C.B.: "Our publicity department's counter-negative- publicty division has already taken care of that."
Y-J: "OK, let's do it!"
After spending a week in solitude at the spas of the Royal Club Evian, Y-J flew the Concord to the U.S.. The Bourgeios conglomerate had chose it's beach head from which to assault the Trans-Atlantic expanse: Texarcana. Y-J woke after a superflous beauty sleep (after all she is Y-J) but nonetheless a psychological tonic for what would come. She limo'd her way down to the mall. The other contestants were already turninhg up. There was some scattered talk among the on-lookers, who were suprised to heat that Judy Meads, former Miss Texas, and Betty Daimler, of the aristocratic Wisconsin clan, had arrived to kick some butt. "The stakes are higher than I thought," Y-J Mused. Then again she should have known, since the event was being sponsored by AT&T, with an excess of $100,000 in cash and prizes.
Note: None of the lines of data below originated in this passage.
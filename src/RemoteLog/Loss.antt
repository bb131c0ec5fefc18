-- ===== src/RemoteLog/Loss.antt =====
-- RemoteLog.antt: what comes of a record behind a write that failed.
use ultra_net.Prelude.{
  ℕ, ◌<◌, ◌≡◌, refl, sym, ap, ◌∙◌, Bool, true, false, List, [], ◌∷◌, ◌++◌, Option, some, none,
  arith, length, length-drop, take, drop, append_assoc, Bytes, zero, suc, length-append,
}
use ultra_net.Log.{Frame, frame_bytes, log_bytes, has_prefix}
use ultra_net.Log.Frames.{frame_bytes_as, length-frame_bytes}
use ultra_net.RemoteLog.{
  magic, mem, data_ids, RemoteLog, Answer, waits, answers, fsync, write_loop, record_of,
  append_record_locked, insert_id, append_data, scan_result, scan_remote_log,
}
use ultra_net.Log.Recovery.{read_frame_no_magic}
use ultra_net.RemoteLog.Append.{IsLog, IsCall, append_record_locked-file, record_of-IsFrame}
use ultra_net.RemoteLog.Recovery.{scan_remote_log_torn}

write_loop_failed :
    (file rec : Bytes) → 0 < length rec → write_loop (none ∷ []) file rec ≡ (file, answers false)
unfolding write_loop
write_loop_failed file [] h = absurd (omega arith)
write_loop_failed file (b ∷ r) h = refl

write_loop_short :
    (file rec : Bytes) (n : ℕ)
    → n < length rec
    → write_loop (some n ∷ none ∷ []) file rec ≡ (file ++ take n rec, answers false)
unfolding write_loop
write_loop_short file [] n h = absurd (omega arith)
write_loop_short file (b ∷ r) n h =
    write_loop_failed (file ++ take n (b ∷ r)) (drop n (b ∷ r))
      (omega (arith, length-drop n (b ∷ r)))

-- What a write of n bytes and then an error leave.
append_record_locked_short :
    (l : RemoteLog) (f : Frame) (n : ℕ)
    → l.fd_open ≡ true
    → n < length (frame_bytes magic f)
    → append_record_locked l f (some n ∷ none ∷ []) true ≡ (
      record { fd_open = true; file = l.file ++ take n (frame_bytes magic f); ids = l.ids },
      answers false,
    )
unfolding append_record_locked fsync
append_record_locked_short l f n o h =
    ground (arith, o, write_loop_short l.file (frame_bytes magic f) n h)

append_data_new :
    (l : RemoteLog) (id : ℕ) (body : Bytes) (os : List (Option ℕ)) (synced : Bool)
    → mem id l.ids ≡ false
    → let r = append_record_locked l (record_of 1 id body) os synced in
      append_data l id body os synced ≡ (insert_id id r.0 r.1, r.1)
unfolding append_data
append_data_new l id body os synced m = ground (arith, m)

insert_id-file : (id : ℕ) (l : RemoteLog) (a : Answer) → (insert_id id l a).file ≡ l.file
unfolding insert_id
insert_id-file id l waits = refl
insert_id-file id l (answers true) = refl
insert_id-file id l (answers false) = refl

insert_id-false : (id : ℕ) (l : RemoteLog) → insert_id id l (answers false) ≡ l
unfolding insert_id
insert_id-false id l = refl

-- A front of one to three bytes of a record, with another record behind it.
short_front :
    (f g : Frame) (n : ℕ)
    → 0 < n
    → n < 4
    → has_prefix magic (take n (frame_bytes magic f) ++ frame_bytes magic g) ≡ false
unfolding has_prefix
short_front f g zero pos h = absurd (omega arith)
short_front f g (suc zero) pos h = rw (frame_bytes_as magic f, frame_bytes_as magic g) refl
short_front f g (suc (suc zero)) pos h = rw (frame_bytes_as magic f, frame_bytes_as magic g) refl
short_front f g (suc (suc (suc zero))) pos h =
    rw (frame_bytes_as magic f, frame_bytes_as magic g) refl
short_front f g (suc (suc (suc (suc n)))) pos h = absurd (omega arith)

-- In a file of whole records, where a write of one to three bytes of a new message's record is followed
-- by an error, the record of another new message, whose `append_data` answers true afterwards, is not
-- found by a scan: it finds the records before the two, and that the file is torn.
pub append_data_lost :
    (l : RemoteLog) (fs : List Frame) (id id2 n : ℕ) (body body2 : Bytes) (os : List (Option ℕ))
    (synced : Bool)
    → IsLog l fs
    → l.fd_open ≡ true
    → IsCall id body
    → IsCall id2 body2
    → mem id (data_ids fs) ≡ false
    → mem id2 (data_ids fs) ≡ false
    → 0 < n
    → n < 4
    → (append_data (append_data l id body (some n ∷ none ∷ []) true).0 id2 body2 os synced).1
      ≡ answers true
    → scan_remote_log (
        some
          (append_data
            (append_data l id body (some n ∷ none ∷ []) true).0
            id2
            body2
            os
            synced).0.file)
      ≡ some (scan_result fs true)
append_data_lost l fs id id2 n body body2 os synced v o c c2 m m2 pos h ok =
    let f = record_of 1 id body in
    let g = record_of 1 id2 body2 in
    let cut : RemoteLog = record {
      fd_open = true;
      file = l.file ++ take n (frame_bytes magic f);
      ids = l.ids;
    } in
    let size = length-frame_bytes magic 8 f refl (record_of-IsFrame 1 id body (omega arith) c) in
    let first : append_data l id body (some n ∷ none ∷ []) true ≡ (cut, answers false) =
      append_data_new l id body (some n ∷ none ∷ []) true (v.ids id ∙ m)
      ∙ ap (λ r. (insert_id id r.0 r.1, r.1))
          (append_record_locked_short l f n o (omega (arith, size)))
      ∙ ap (λ k. (k, answers false)) (insert_id-false id cut) in
    let second = append_data_new cut id2 body2 os synced (v.ids id2 ∙ m2) in
    let answer : (append_record_locked cut g os synced).1 ≡ answers true =
      sym (ap (λ r. r.1) second)
      ∙ ap (λ r. (append_data r.0 id2 body2 os synced).1) (sym first)
      ∙ ok in
    let file : (append_data cut id2 body2 os synced).0.file
        ≡ log_bytes magic fs ++ (take n (frame_bytes magic f) ++ frame_bytes magic g) =
      ap (λ r. r.0.file) second
      ∙ insert_id-file id2 _ _
      ∙ append_record_locked-file cut g os synced answer
      ∙ append_assoc l.file _ _
      ∙ ap (λ t. t ++ (take n (frame_bytes magic f) ++ frame_bytes magic g)) v.file in
    ap (λ r. scan_remote_log (some (append_data r.0 id2 body2 os synced).0.file)) first
    ∙ ap (λ t. scan_remote_log (some t)) file
    ∙ scan_remote_log_torn fs _ v.frames
        (omega (
          arith,
          length-append (take n (frame_bytes magic f)) (frame_bytes magic g),
          length-frame_bytes magic 8 g refl (record_of-IsFrame 1 id2 body2 (omega arith) c2),
        ))
        (read_frame_no_magic magic 8 _ (short_front f g n pos h))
Out on the runway came droves of participants. The women onlookers admired the contestants' poise and smile; the males wanted to fuck them. Some people got bored and left toting some "AT&T: We'll switch you back for free" tote bags. Some women had chosen to compete for a joke; they were no threat. Some were veterans but just didn't have it. Some were bright newcomers; they would not relish theri glory 'til they paid their dues.
Y-J strode down the runway. She turned round, held it, shot the arrow. It had to be hers.
The T.I. Computer tallied the judges' scores. Second runner up: Betty Daimler. First runner up:Yvonne-Jud Miles. Winner: Judy Meads. It was a home crowd, but Y-J never felt more robbed, losing this stupid suburban Polyesterfest when she was the premier avant-garde supermodel in the world. Disenchantment loomed. Why couldn't her cosmopolitan splendor overcome the curvy buxomness of this Huston medical student? Shortly after Y-J discerned the real reason: Judy had performed fellatio on the male judges. Y-J's refusal to do the same was probably her downfall.
So the woman that had smoked the press in Paris, Milan and Rome had lost out in a beauty contest at a mall in Texarcana. Was her career over at 25? She didn't cry like all those other wimps that lost, but it was a sullen moment. Walking out of the edifice, disconsolate, a female, executive-looking woman approached her: "Hello, Y-J?"
"Yes."
"Hi, I'm Belinda Schenker, regional sales manager for the Gap. I'm aware of the kind of stuff you're capable of doing. My sister still lives in Germany and she told me of the stir you made in Cologne."
Y-J: "Well, yes. Thank you"
"I'm sure you should have won her today but these judges, they don't know what to look for. The point is, that get- up you have on is really something. Half a dozen weirdo kind of people have already been in the store here, requesting replicas of your mean leather mini, not to mention your stainless steel boustier with latex shoulder cuffs. We want to hammer out a contract with your fashion designer and we want you to be our spokesperson in the venture."
"What would I do?"
"Commercials, display stands. In the Dallas area first, then maybe Huston, San Antonio. Your first American exposure."
"It's going to cost you. I'll get my people right on it. Here's our number, phone and fax." It ewas Y-J's way of not acting too eagerly, the sign of betrayal in any occupation where truely proficient aloofness is rarer than sincerity. A new market. Expanding personal fame. A lucrative contract. And yet... restratint was called for.
"Okay, I hope we can come to an agreement soon,"
"I have a feeling we will," responed Y-J, spike heeling her way across the parking lot, "but first I've got a delivery to make."